Exercise goal:
Look through the material below and count the lines with the string "Runs". Report only the count.

▬▬▬▬▬▬▬▬▬▬

-- ===== src/Security/Breaker/Tests.antt =====
-- Runs of a breaker whose world is a clock that each call moves on.
use aixgo.Common.{ℕ, ◌+◌, ◌≡◌, ◌≢◌, ◌⊎◌, refl, List, [], ◌∷◌, Option, none, some, arith}
use aixgo.Security.Breaker.{
  closed, open_circuit, half_open, CircuitBreaker, breaker_is_open, new_circuit_breaker, execute,
  run,
}
use aixgo.Security.Breaker.Invariant.{Inv, Blocks, run-new_circuit_breaker-Inv, execute-refuses}
use aixgo.Security.Breaker.Runs.{Fails, execute-recovers}

-- A call that takes one tick and fails, and one that takes one tick and succeeds.
abbrev bad : ℕ → ℕ × Option (Unit {0})
bad w = (w + 1, some tt)

abbrev good : ℕ → ℕ × Option (Unit {0})
good w = (w + 1, none)

abbrev clock : ℕ → ℕ
clock w = w

bad-Fails : Fails bad
bad-Fails w = λ e. cc

abbrev twice : List (ℕ → ℕ × Option (Unit {0}))
twice = bad ∷ bad ∷ []

abbrev tripped : CircuitBreaker
tripped = record {
  max_failures = 2;
  reset_timeout = 10;
  failures = 2;
  last_failure_time = 2;
  state = open_circuit;
}

opens_after_two : (run clock (new_circuit_breaker 2 10) twice 0).0 ≡ tripped
unfolding run execute new_circuit_breaker
opens_after_two = refl

blocked_at_five : (execute clock tripped good 5).2 ≡ some breaker_is_open
unfolding execute
blocked_at_five = refl

run-new_circuit_breaker-Inv_example : Inv (run clock (new_circuit_breaker 2 10) twice 0).0
run-new_circuit_breaker-Inv_example = run-new_circuit_breaker-Inv clock 2 10 twice 0 (omega arith)

execute-recovers_example :
    let (cb', w', _) = execute clock tripped good 13 in
    (w' ≡ 14)
    × ((((good 13).1 ≡ none) × (cb'.state ≡ closed) × (cb'.failures ≡ 0))
        ⊎ (((good 13).1 ≢ none)
            × (cb'.failures ≡ 1)
            × (cb'.last_failure_time ≡ 14)
            × (cb'.state ≡ half_open)))
execute-recovers_example = execute-recovers clock tripped good 13 refl (omega arith)

execute-refuses_example :
    (Blocks tripped 5 × (execute clock tripped good 5 ≡ (tripped, 5, some breaker_is_open)))
    ⊎ ((¬ Blocks tripped 5)
        × ((execute clock tripped good 5).1 ≡ 6)
        × ((execute clock tripped good 5).2 ≢ some breaker_is_open))
execute-refuses_example = execute-refuses clock tripped good 5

▬▬▬▬▬▬▬▬▬▬

Exercise solution:
2